Drop half the crystal.... it will just mute the hops.

I get the feeling you want to do all lade additions.

i have made some great APA's with just 20, 10 & 0 min additions and it works well.

When i work out hopping rates, i work in g/liter. It makes it easier to calculate what you need once you know the effect that different amounts have on the beer.

Im mot real sure what software gave you all those numbers? 

Boil Size: 32.80 l
Post Boil Volume: 29.12 l
Batch Size (fermenter): 23.00 l 
Bottling Volume: 21.00 l

how do you get from 29 liters post bol to 23 liters in the fermenter?
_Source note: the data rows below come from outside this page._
-- ===== src/Cluster/Messages/Answering.antt =====
-- A request from the cluster master to a node and its answer, through
-- packages/teraslice/lib/cluster/services/cluster/backends/native/messaging.js on both sides.
use teraslice.Cluster.Messages.{
  cluster_master, node_master, Message, is_empty, determine_path_for_message, routing, by_network,
}
use teraslice.Cluster.Messages.Sending.{
  emit, to_room, Child, Promises, outcome_of, with_source, response_to, respond, send,
  handle_response, forward_message,
}
use teraslice.Base.{
  String, ◌≡◌, refl, ap, ◌∙◌, Bool, true, false, none, some, List, [], ◌∷◌, arith, ===_iff,
}

-- The request as it travels.
abbrev pub request_of : String → Message → Message
request_of id m = record m { source = some "cluster_master"; msg_id = some id }

-- The answer as it travels.
abbrev pub answer_of : Message → Message → Message
answer_of incoming outgoing = with_source node_master (response_to incoming outgoing)

routing_to_node :
    (m : Message)
    → m.to ≡ "node_master"
    → is_empty m.address ≡ false
    → determine_path_for_message cluster_master m ≡ some by_network
unfolding determine_path_for_message routing
routing_to_node m h k = ground (arith, ===_iff m.to "node_master")

send_lem :
    (connected : Bool) (children : List Child) (id : String) (m : Message) (p : Promises)
    → m.response ≡ true
    → m.to ≡ "node_master"
    → m.source ≡ none
    → is_empty m.address ≡ false
    → let s = send cluster_master connected children id m p in
      (s.0 ≡ some (to_room m.address "networkMessage" (request_of id m) ∷ []))
      × (s.1 ≡ record p { waiting = id ∷ p.waiting })
unfolding send forward_message
send_lem connected children id m p hr ht hs ha =
    let r = routing_to_node (request_of id m) ht ha in ground (arith, r)

respond_lem :
    (connected : Bool) (children : List Child) (id new : String) (m out : Message) (p : Promises)
    → out.response ≡ false
    → let a = answer_of (request_of id m) out in
      respond node_master connected children new (request_of id m) out p
      ≡ (some (emit "messaging:response" a ∷ []), p)
unfolding respond send forward_message response_to
respond_lem connected children id new m out p h = rw h refl

handle_lem :
    (connected : Bool) (children : List Child) (id : String) (m out : Message) (p : Promises)
    → let a = answer_of (request_of id m) out in
      (handle_response cluster_master connected children a
        (record p { waiting = id ∷ p.waiting })).1.settled
      ≡ (id, outcome_of a) ∷ p.settled
unfolding handle_response response_to
handle_lem connected children id m out p = rw ((===_iff id id).1 refl) refl

-- A request of the cluster master to the address of a node is sent once, to that room; the answer of the
-- node master, whatever it puts into it but a wish for a response to the answer, is sent once, to the
-- cluster master; and there it settles the promise of that request, as its error says. The request wants
-- a response and has no source yet.
pub send-respond :
    (connected connected' : Bool) (children children' : List Child) (id new : String)
    (m out : Message) (p p' : Promises)
    → m.response ≡ true
    → m.to ≡ "node_master"
    → m.source ≡ none
    → is_empty m.address ≡ false
    → out.response ≡ false
    → let s = send cluster_master connected children id m p in
      let a = answer_of (request_of id m) out in
      (s.0 ≡ some (to_room m.address "networkMessage" (request_of id m) ∷ []))
      × (respond node_master connected' children' new (request_of id m) out p'
          ≡ (some (emit "messaging:response" a ∷ []), p'))
      × ((handle_response cluster_master connected children a s.1).1.settled
          ≡ (id, outcome_of a) ∷ p.settled)
send-respond connected connected' children children' id new m out p p' hr ht hs ha ho =
    let s = send_lem connected children id m p hr ht hs ha in
    let a = answer_of (request_of id m) out in
    (
      s.0,
      respond_lem connected' children' id new m out p' ho,
      ap (λ q. (handle_response cluster_master connected children a q).1.settled) s.1
          ∙ handle_lem connected children id m out p,
    )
If your leaving that much in the kettle, thats a lot of waste.

anyway..... recipe......

2g/L @ 10 min
3g/L @ 0min
add your desired bittering hops to give about 35 IBU at 20 min and your done!

PS... add your Wirlfloc at 8 - 10 min, it works better

cheers


----------



## Deebo (1/1/12)

Tony said:


> how do you get from 29 liters post bol to 23 liters in the fermenter? If your leaving that much in the kettle, thats a lot of waste.
> 
> anyway..... recipe......
> 
> ...


Thanks Tony,

I do leave a fair bit in the urn to avoid getting too much hot break into the cube (Last batch was 32L preboil to 26.5L left after boil to 23L in cube, I just havent dialed in my beersmith 2 settings yet). 
Will change the whirfloc to 10 min, I see a lot of conflicting information regarding when and how much to do add, is half a tablet pretty standard for a 30L or so boil, the instruction on the packet say 1 tablet.
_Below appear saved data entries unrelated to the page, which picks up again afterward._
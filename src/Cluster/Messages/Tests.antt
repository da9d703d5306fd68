-- ===== src/Cluster/Messages/Tests.antt =====
-- A request for a port and its answer.
use teraslice.Cluster.Messages.{cluster_master, node_master, Message}
use teraslice.Cluster.Messages.Sending.{
  Promises, nothing, send, respond, handle_response, emit, to_room, outcome_of,
}
use teraslice.Cluster.Messages.Answering.{request_of, answer_of, send-respond}
use teraslice.Base.{◌≡◌, refl, true, some, [], ◌∷◌}

abbrev request : Message
request = record nothing {
  to = "node_master";
  message = "cluster:node:get_port";
  address = some "n1";
  response = true;
}

abbrev promises : Promises
promises = record { waiting = []; settled = [] }

send-respond_example :
    let s = send cluster_master true [] "m1" request promises in
    let a = answer_of (request_of "m1" request) nothing in
    (s.0 ≡ some (to_room (some "n1") "networkMessage" (request_of "m1" request) ∷ []))
    × (respond node_master true [] "m2" (request_of "m1" request) nothing promises
        ≡ (some (emit "messaging:response" a ∷ []), promises))
    × ((handle_response cluster_master true [] a s.1).1.settled ≡ ("m1", outcome_of a) ∷ [])
send-respond_example =
    send-respond true true [] [] "m1" "m2" request nothing promises promises refl refl refl refl
      refl
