-- ===== src/Cluster/NodeMaster.antt =====
-- The master process of a node: packages/teraslice/lib/cluster/node_master.js. A child is an entry of
-- `context.cluster.workers`; `waiting` holds the calls of `allocateWorkers` that have not got the mutex,
-- in their order, and `answers` the responses to the requests, the last one first. What
-- `context.foundation.startWorkers` starts and whether the assets could be loaded are arguments.
pub mod Limit
pub mod Stopping
pub mod Tests
use teraslice.Base.{
  ℕ, zero, suc, ◌+◌, ◌-◌, ◌*◌, ◌≤◌, ◌<◌, String, ◌≡◌, refl, sym, ap, subst, ◌∙◌, ◌≢◌, ◌↔◌, ◌⊎◌, inl,
  inr, Bool, true, false, not, ◌&&◌, ◌||◌, Option, none, some, List, [], ◌∷◌, ◌++◌, map, arith, ltb,
  leb, ◌==◌, if◌then◌else◌, ltb→lt, lt→ltb, leb→le, ==_iff, Bool-cases, Option-cases, ◌===◌,
  ===_iff, length, keep_if, any_of, All, length-append, length-map, length-keep_if-le, All-append,
  Result, ok, err, ◌>>=◌, map_err, map_ok, is_ok, min, ℤ, minus,
}

pub record Child : Type 0 where
  pub worker_id : String
  pub assignment : String
  pub pid : ℕ
  pub ex_id : String
  pub job_id : String
  pub assets : Option (List String)
  pub is_dead : Bool

-- A request for workers, or for one execution controller.
pub record Create : Type 0 where
  pub ex_id : String
  pub workers : ℕ
  pub is_controller : Bool

pub record Master : Type 0 where
  pub children : List Child
  pub pending_allocations : ℕ
  pub waiting : List Create
  pub answers : List (Create × ℕ)

-- A text that is empty where the child has none.
abbrev pub given : String → Option String
given s = if s === "" then none else some s

pub record Active : Type 0 where
  pub worker_id : String
  pub assignment : String
  pub pid : ℕ
  pub ex_id : Option String
  pub job_id : Option String
  pub assets : Option (List String)

abbrev pub active_of : Child → Active
active_of w = record {
  worker_id = w.worker_id;
  assignment = w.assignment;
  pid = w.pid;
  ex_id = given w.ex_id;
  job_id = given w.job_id;
  assets = w.assets;
}

pub record NodeState : Type 0 where
  pub node_id : String
  pub total : ℕ
  pub available : ℤ
  pub active : List Active

unfoldable pub get_node_state : String → ℕ → Master → NodeState
get_node_state node_id total m = record {
  node_id = node_id;
  total = total;
  available = minus total (length m.children + m.pending_allocations);
  active = map active_of m.children;
}

unfoldable pub can_allocate_workers : ℕ → ℕ → Master → Bool
can_allocate_workers limit requested m =
    if ltb limit (length m.children + requested) then ltb 0 (limit - length m.children) else true

-- The call of `allocateWorkers` up to the mutex.
abbrev pub allocate_workers : Create → Master → Master
allocate_workers r m = record m {
  pending_allocations = m.pending_allocations + r.workers;
  waiting = m.waiting ++ r ∷ [];
}

-- The handler of `cluster:workers:create`.
unfoldable pub workers_create : ℕ → Create → Master → Master
unfolding can_allocate_workers
workers_create limit r m =
    if not (can_allocate_workers limit r.workers m)
    then record m { answers = (r, 0) ∷ m.answers }
    else allocate_workers r m

-- The handler of `cluster:execution_controller:create`.
unfoldable pub controller_create : String → Master → Master
controller_create ex_id m =
    allocate_workers (record { ex_id = ex_id; workers = 1; is_controller = true }) m

-- The number of workers that the callback of `cluster:workers:create` starts.
unfoldable pub new_workers : ℕ → ℕ → Master → ℕ
new_workers limit requested m =
    if ltb limit (length m.children + requested) then limit - length m.children else requested

-- A call of `allocateWorkers` in the mutex: the assets could be loaded or not.
abbrev pub allocated : ℕ → (ℕ → Create → List Child) → Bool → Create → List Create → Master → Master
unfolding new_workers
allocated limit start loaded r rest m =
    let n = if r.is_controller then 1 else new_workers limit r.workers m in
    let started = if loaded && ltb 0 n then start n r else [] in
    record m {
      pending_allocations = m.pending_allocations - r.workers;
      waiting = rest;
      children = m.children ++ started;
      answers = (r, length started) ∷ m.answers;
    }

abbrev pub next_turn : ℕ → (ℕ → Create → List Child) → Bool → List Create → Master → Master
unfolding new_workers
next_turn limit start loaded [] m = m
next_turn limit start loaded (r ∷ rest) m = allocated limit start loaded r rest m

unfoldable pub run_exclusive : ℕ → (ℕ → Create → List Child) → Bool → Master → Master
unfolding new_workers
run_exclusive limit start loaded m = next_turn limit start loaded m.waiting m

-- A child has exited.
unfoldable pub child_exit : String → Master → Master
child_exit id m = record m {
  children = keep_if (λ (w : Child). not (w.worker_id === id)) m.children;
}

-- The signals that are sent, by process.
abbrev pub signal_child : String → Child → List (String × ℕ)
signal_child signal w = if w.is_dead then [] else (signal, w.pid) ∷ []

abbrev pub signal_id : String → String → List Child → List (String × ℕ)
signal_id signal id [] = []
signal_id signal id (w ∷ l) =
    if w.worker_id === id then signal_child signal w else signal_id signal id l

unfoldable pub shutdown_workers : String → List String → List Child → List (String × ℕ)
shutdown_workers signal [] l = []
shutdown_workers signal (id ∷ ids) l = signal_id signal id l ++ shutdown_workers signal ids l

-- The filters and the tests of the three handlers that stop children.
abbrev pub ids_of : List Child → List String
ids_of l = map (λ (w : Child). w.worker_id) l

abbrev pub runs : String → Child → Bool
runs ex_id w = w.ex_id === ex_id

abbrev pub works_for : String → Child → Bool
works_for ex_id w = w.ex_id === ex_id && w.assignment === "worker"

abbrev pub first_of {ℓ} : {A : Type ℓ} → ℕ → List A → List A
first_of zero l = []
first_of (suc n) [] = []
first_of (suc n) (x ∷ l) = x ∷ first_of n l

unfoldable pub to_stop : String → List Child → List String
to_stop ex_id l = ids_of (keep_if (runs ex_id) l)

unfoldable pub is_stopped : String → List Child → Bool
is_stopped ex_id l = length (keep_if (runs ex_id) l) == 0

unfoldable pub to_remove : String → ℕ → List Child → List String
to_remove ex_id n l = ids_of (first_of n (keep_if (works_for ex_id) l))

-- `l` are the children when the removal was asked for.
unfoldable pub is_removed : String → ℕ → List Child → List Child → Bool
is_removed ex_id n l now =
    leb (length (keep_if (works_for ex_id) now) + n) (length (keep_if (works_for ex_id) l))
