-- ===== src/Cluster/NodeMaster/Limit.antt =====
-- What the requests of packages/teraslice/lib/cluster/node_master.js do to the number of workers.
use teraslice.Cluster.NodeMaster.{
  Child, Create, Master, can_allocate_workers, allocate_workers, workers_create, controller_create,
  new_workers, allocated, next_turn, run_exclusive, child_exit,
}
use teraslice.Base.{
  ℕ, ◌+◌, ◌≤◌, String, ◌≡◌, refl, sym, ap, subst, ◌∙◌, ◌⊎◌, inl, inr, Bool, true, false, not, ◌&&◌,
  List, [], ◌∷◌, ◌++◌, arith, ltb, if◌then◌else◌, Bool-cases, ◌===◌, length, keep_if, All,
  length-keep_if-le, All-append,
}

abbrev pub is_worker : Child → Bool
is_worker w = w.assignment === "worker"

abbrev pub workers_of : List Child → ℕ
workers_of l = length (keep_if is_worker l)

abbrev pub wanted : List Create → ℕ
wanted [] = 0
wanted (r ∷ l) = r.workers + wanted l

-- A request for a controller asks for one child.
abbrev pub Sized : Create → Type 0
Sized r = (r.is_controller ≡ false) ⊎ (r.workers ≡ 1)

-- An answer gives no more than was asked for.
abbrev pub Within : Create × ℕ → Type 0
Within a = a.1 ≤ a.0.workers

-- `start` gives the children that the foundation starts: as many as it is asked for, and a request for a
-- controller starts no worker.
module _ (limit : ℕ) (start : ℕ → Create → List Child) where
  pub data Step : Master → Master → Type 0 where
    asks : {m : Master} (r : Create) → r.is_controller ≡ false → Step m (workers_create limit r m)
    asks_controller : {m : Master} (ex_id : String) → Step m (controller_create ex_id m)
    turns : {m : Master} (loaded : Bool) → Step m (run_exclusive limit start loaded m)
    exits : {m : Master} (id : String) → Step m (child_exit id m)

  pub data Reach (m : Master) : Master → Type 0 where
    here : Reach m m
    next : {n o : Master} → Reach m n → Step n o → Reach m o

  abbrev pub Inv : Master → Type 0
  Inv m =
      (workers_of m.children ≤ limit)
      × (m.pending_allocations ≡ wanted m.waiting)
      × All Sized m.waiting
      × All Within m.answers

  keep_if-append : (l k : List Child) → workers_of (l ++ k) ≡ workers_of l + workers_of k
  keep_if-append [] k = omega arith
  keep_if-append (w ∷ l) k = ground (arith, keep_if-append l k)

  wanted-append : (l k : List Create) → wanted (l ++ k) ≡ wanted l + wanted k
  wanted-append [] k = omega arith
  wanted-append (r ∷ l) k = omega (arith, wanted-append l k)

  workers_of-keep : (p : Child → Bool) (l : List Child) → workers_of (keep_if p l) ≤ workers_of l
  workers_of-keep p [] = omega arith
  workers_of-keep p (w ∷ l) = ground (arith, workers_of-keep p l)

  allocate_workers-Inv : (r : Create) (m : Master) → Sized r → Inv m → Inv (allocate_workers r m)
  allocate_workers-Inv r m hr h = (
    h.0,
    omega (arith, wanted-append m.waiting (r ∷ []), h.1),
    All-append Sized m.waiting (r ∷ []) h.2 (hr, tt),
    h.3,
  )

  workers_create-Inv :
      (r : Create) (m : Master) → r.is_controller ≡ false → Inv m → Inv (workers_create limit r m)
  unfolding workers_create
  workers_create-Inv r m hr h = elim (Bool-cases (can_allocate_workers limit r.workers m)) [
    | inl k ↦ rw k (allocate_workers-Inv r m (inl hr) h)
    | inr k ↦ rw k (h.0, h.1, h.2, (omega arith, h.3))
  ]

  new_workers_le :
      (requested : ℕ) (m : Master)
      → let n = new_workers limit requested m in
        (n ≤ requested) × ((n ≡ 0) ⊎ (length m.children + n ≤ limit))
  unfolding new_workers
  new_workers_le requested m = ground arith

  module _ (started : (n : ℕ) (r : Create) → length (start n r) ≡ n)
      (no_worker : (n : ℕ) (r : Create) → r.is_controller ≡ true → workers_of (start n r) ≡ 0) where
    start_lem :
        (c : Bool) (n : ℕ) (r : Create)
        → let l : List Child = if c then start n r else [] in
          (length l ≤ n)
          × (workers_of l ≤ length l)
          × (workers_of l ≤ (if r.is_controller then 0 else n))
    start_lem false n r = ground arith
    start_lem true n r =
        let k = started n r in
        let le = length-keep_if-le is_worker (start n r) in
        elim (Bool-cases r.is_controller) [
          | inl h ↦ let z = no_worker n r h in ground arith
          | inr h ↦ ground arith
        ]

    -- How many children a request starts at most.
    size_lem :
        (r : Create) (m : Master)
        → Sized r
        → let n = if r.is_controller then 1 else new_workers limit r.workers m in
          (n ≤ r.workers)
          × (((if r.is_controller then 0 else n) ≡ 0) ⊎ (length m.children + n ≤ limit))
    size_lem r m h = elim (Bool-cases r.is_controller) [
      | inl k ↦ ground (arith, k)
      | inr k ↦ ground (arith, k, new_workers_le r.workers m)
    ]

    allocated-Inv :
        (loaded : Bool) (r : Create) (rest : List Create) (m : Master)
        → m.waiting ≡ r ∷ rest
        → Inv m
        → Inv (allocated limit start loaded r rest m)
    unfolding allocated
    allocated-Inv loaded r rest m hw h =
        let sized : All Sized (r ∷ rest) = subst (All Sized) hw h.2 in
        let pending = ap wanted hw in
        let n = if r.is_controller then 1 else new_workers limit r.workers m in
        let c = loaded && ltb 0 n in
        let l : List Child = if c then start n r else [] in
        let k = start_lem c n r in
        let split = keep_if-append m.children l in
        let all = length-keep_if-le is_worker m.children in
        let le = size_lem r m sized.0 in
        (
          omega (arith, h.0, le, k, split, all),
          omega (arith, h.1),
          sized.1,
          (omega (arith, k, le), h.3),
        )

    next_turn-Inv :
        (loaded : Bool) (w : List Create) (m : Master)
        → m.waiting ≡ w
        → Inv m
        → Inv (next_turn limit start loaded w m)
    unfolding next_turn
    next_turn-Inv loaded [] m hw h = h
    next_turn-Inv loaded (r ∷ rest) m hw h = allocated-Inv loaded r rest m hw h

    run_exclusive-Inv :
        (loaded : Bool) (m : Master) → Inv m → Inv (run_exclusive limit start loaded m)
    unfolding run_exclusive next_turn
    run_exclusive-Inv loaded m h = next_turn-Inv loaded m.waiting m refl h

    Step-Inv : {m n : Master} → Step m n → Inv m → Inv n
    unfolding controller_create child_exit
    Step-Inv {m} (asks r k) h = workers_create-Inv r m k h
    Step-Inv {m} (asks_controller ex_id) h = allocate_workers-Inv _ m (inr refl) h
    Step-Inv {m} (turns loaded) h = run_exclusive-Inv loaded m h
    Step-Inv {m} (exits id) h =
        let le = workers_of-keep (λ w. not (w.worker_id === id)) m.children in
        (omega (arith, le, h.0), h.1, h.2, h.3)

    Reach-Inv : (m n : Master) → Reach m n → Inv m → Inv n
    Reach-Inv m n here h = h
    Reach-Inv m n (next {n = o} r s) h = Step-Inv s (Reach-Inv m o r h)

    -- Whatever requests come, in whatever order they get the mutex and whichever children exit, a node that
    -- starts with no request never runs more workers than its limit; what it has announced as pending is
    -- what the waiting requests ask for; and no answer gives more than was asked for. The foundation
    -- starts as many children as it is asked for, and no worker for a request for a controller.
    pub Reach-limit :
        (m n : Master)
        → Reach m n
        → workers_of m.children ≤ limit
        → m.pending_allocations ≡ 0
        → m.waiting ≡ []
        → m.answers ≡ []
        → (workers_of n.children ≤ limit)
          × (n.pending_allocations ≡ wanted n.waiting)
          × All Within n.answers
    Reach-limit m n r h hp hw ha =
        let k = Reach-Inv m n r (
          h,
          hp ∙ sym (ap wanted hw),
          subst (All Sized) (sym hw) tt,
          subst (All Within) (sym ha) tt,
        ) in
        (k.0, k.1, k.3)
Problem with adding to 35 ibu in beersmith is that it doesnt take into account no chill which I have found can add a fair bit of ibu's for high aa hops (to my taste buds anyway).
Basing this off the last brew which beersmith reckoned was 25 ibu but to me was a fair bit more bitter than a lcpa I think the current hop level should be ok if maybe just slightly more bitter.


----------



## Tony (1/1/12)

Ahhh yes... no chill

The hoppy beers enemy

I have tried to make very hoppy APA's with no chill but it never weoks as well as a snap chilled beer. Its ok but not as good.

Add all your 10 min and 0 min addition hops in the software as 10 min addition and drain it to the cube after 10 min.
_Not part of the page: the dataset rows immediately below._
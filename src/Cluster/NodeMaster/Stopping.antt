-- ===== src/Cluster/NodeMaster/Stopping.antt =====
-- shutdownProcesses of packages/teraslice/lib/cluster/node_master.js, one run of its interval at a time.
use teraslice.Cluster.NodeMaster.{Child, shutdown_workers}
use teraslice.Base.{
  ℕ, ◌+◌, ◌-◌, String, Bool, true, false, List, [], ◌∷◌, ◌++◌, ◌==◌, if◌then◌else◌, zero, suc, ◌*◌,
  ◌≤◌, ◌<◌, ◌≡◌, refl, ap, ◌∙◌, ◌⊎◌, inl, inr, arith, length,
}

pub record Shutdown : Type 0 where
  pub is_set : Bool
  pub stop_time : ℕ
  pub signals : List (String × ℕ)
  pub responses : ℕ

-- What the filter gives is asked again whenever signals are sent.
unfoldable pub begin_shutdown : ℕ → Bool → List String → List Child → Shutdown
unfolding shutdown_workers
begin_shutdown timeout only_sig_kill ids children = record {
  is_set = true;
  stop_time = timeout + 3000;
  signals = if only_sig_kill then [] else shutdown_workers "SIGTERM" ids children;
  responses = 0;
}

abbrev pub complete_part : Bool → Bool → Shutdown → Shutdown
complete_part needs_response done s =
    if done
    then record s {
      is_set = false;
      responses = if needs_response then s.responses + 1 else s.responses;
    }
    else s

abbrev pub timeout_part : Bool → List String → List Child → Shutdown → Shutdown
unfolding shutdown_workers
timeout_part needs_response ids children s =
    if s.stop_time == 0
    then record s {
      is_set = false;
      signals = s.signals ++ shutdown_workers "SIGKILL" ids children;
      responses = if needs_response then s.responses + 1 else s.responses;
    }
    else s

-- `stopTime` is only compared with 0, so that it may stop there.
unfoldable pub shutdown_tick : Bool → Bool → List String → List Child → Shutdown → Shutdown
unfolding shutdown_workers
shutdown_tick needs_response done ids children s =
    if s.is_set
    then (let s' = timeout_part needs_response ids children (complete_part needs_response done s) in
        record s' { stop_time = s'.stop_time - 200 })
    else s

-- What the runs of the interval see: whether the action is complete, the filter, the children.
pub record Seen : Type 0 where
  pub done : Bool
  pub ids : List String
  pub children : List Child

unfoldable pub shutdown_ticks : Bool → List Seen → Shutdown → Shutdown
unfolding shutdown_tick
shutdown_ticks needs_response [] s = s
shutdown_ticks needs_response (v ∷ l) s =
    shutdown_ticks needs_response l (shutdown_tick needs_response v.done v.ids v.children s)

tick-cleared :
    (needs_response done : Bool) (ids : List String) (children : List Child) (s : Shutdown)
    → s.is_set ≡ false
    → shutdown_tick needs_response done ids children s ≡ s
unfolding shutdown_tick
tick-cleared needs_response done ids children s h = ground arith

cleared :
    (needs_response : Bool) (l : List Seen) (s : Shutdown)
    → s.is_set ≡ false
    → shutdown_ticks needs_response l s ≡ s
unfolding shutdown_ticks shutdown_tick
cleared needs_response [] s h = refl
cleared needs_response (v ∷ l) s h =
    ap (shutdown_ticks needs_response l) (tick-cleared needs_response v.done v.ids v.children s h)
    ∙ cleared needs_response l s h

-- How often the request may be answered so far.
abbrev Answered : Bool → Shutdown → Type 0
Answered needs_response s =
    (s.is_set ≡ false)
    × ((if needs_response then 1 else 0) ≤ s.responses)
    × (s.responses ≤ (if needs_response then 2 else 0))

tick-Answered :
    (needs_response done : Bool) (ids : List String) (children : List Child) (s : Shutdown)
    → s.is_set ≡ true
    → s.responses ≡ 0
    → let r = shutdown_tick needs_response done ids children s in
      Answered needs_response r
      ⊎ ((r.is_set ≡ true)
          × (r.responses ≡ 0)
          × (r.stop_time ≤ s.stop_time - 200)
          × (0 < s.stop_time))
unfolding shutdown_tick
tick-Answered true true ids children s h k = ground arith
tick-Answered true false ids children s h k = ground arith
tick-Answered false true ids children s h k = ground arith
tick-Answered false false ids children s h k = ground arith

ticks-Answered :
    (needs_response : Bool) (n : ℕ) (l : List Seen) (s : Shutdown)
    → s.is_set ≡ true
    → s.responses ≡ 0
    → length l ≡ suc n
    → s.stop_time ≤ 200 * n
    → Answered needs_response (shutdown_ticks needs_response l s)
unfolding shutdown_ticks
ticks-Answered needs_response n [] s h k hl hn = absurd (omega arith)
ticks-Answered needs_response zero (v ∷ l) s h k hl hn =
    elim (tick-Answered needs_response v.done v.ids v.children s h k) [
      | inl a ↦
          rw (cleared needs_response l (shutdown_tick needs_response v.done v.ids v.children s) a.0)
            a
      | inr a ↦ absurd (omega arith)
    ]
ticks-Answered needs_response (suc n) (v ∷ l) s h k hl hn =
    let s' = shutdown_tick needs_response v.done v.ids v.children s in
    elim (tick-Answered needs_response v.done v.ids v.children s h k) [
      | inl a ↦ rw (cleared needs_response l s' a.0) a
      | inr a ↦ ticks-Answered needs_response n l s' a.0 a.1 (omega arith) (omega arith)
    ]

-- Whatever its runs see, the interval of a shutdown ends: once the timeout and three more seconds are
-- over, after one run in every 200 milliseconds, it is cleared. If the message wants a response it has
-- been answered by then, once or twice; otherwise it never is.
pub begin_shutdown-ends :
    (needs_response only_sig_kill : Bool) (timeout n : ℕ) (ids : List String)
    (children : List Child) (l : List Seen)
    → timeout + 3000 ≤ 200 * n
    → length l ≡ suc n
    → let r = shutdown_ticks needs_response l (begin_shutdown timeout only_sig_kill ids children) in
      (r.is_set ≡ false)
      × ((if needs_response then 1 else 0) ≤ r.responses)
      × (r.responses ≤ (if needs_response then 2 else 0))
unfolding begin_shutdown
begin_shutdown-ends needs_response only_sig_kill timeout n ids children l h hl =
    ticks-Answered needs_response n l (begin_shutdown timeout only_sig_kill ids children) refl refl
      hl h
Thats what i used to do and it works fine for the bitterness.

get a chiller 

cheers


----------



## Deebo (1/1/12)

Chiller is on list of things I want to get.. don't suppose you know a good place to get a ready to go immersion chiller?


----------



## Shifter (2/1/12)

Try using Brewmate, it is free and accounts of No Chill. Also take a look at a similar recipe to yours called APA Sans Nelson by Lord Raja Goomba. Some good tips there.


----------



## hefevice (2/1/12)

Deebo said:


> Chiller is on list of things I want to get.. don't suppose you know a good place to get a ready to go immersion chiller?



Two quick options.

1. Buy a plate chiller from on the site sponsors.

2. Make your own chiller by wrapping 5-10m of copper tubing around a corny keg. It's quite simple. I attached some brass compression fittings to the ends and screwed on standard 1/2" brass hose fittings.

There are plenty of sites (including videos) on the interwebs, just google "how to make an immersion chiller".


----------



## seamad (2/1/12)

Deebo,
I found i could recover a fair bit of wort by pouring the trub into a colander lined with some cheese cloth ( voile would work well). This recovered wwort makes a good starter if required or used for a mini boil of late addition hops ( argon method). Have you tried cube hopping? If you have a pool cube hop and wait ten minutes then chuck in pool to cool quicker
cheers
Sean


----------



## Nick JD (2/1/12)

I find dropping 1g/L of Citra into the fermenter when it reaches FG for two days beats the living hell out of any late kettle additions. Citra is a wonderful dry hopper.


----------



## Deebo (2/1/12)

Thanks for the tips. Decided to use 15 and 0 min additions and will try the dry hopping with citra for this batch once it reaches fg.

I looked at the plate chillers but then I would have to get off my arse and fit a ball valve to the urn.

Do plate chillers work ok without a pump or do you really need one to recirculate to get down to pitching temps?

I'm not too concerned with the loss to trub. I did collect it once in a couple of bottles then let the trub settle out in the fridge to muck around with wild yeast but prefer to keep brew day as simple as possible, less cleaning the better.


----------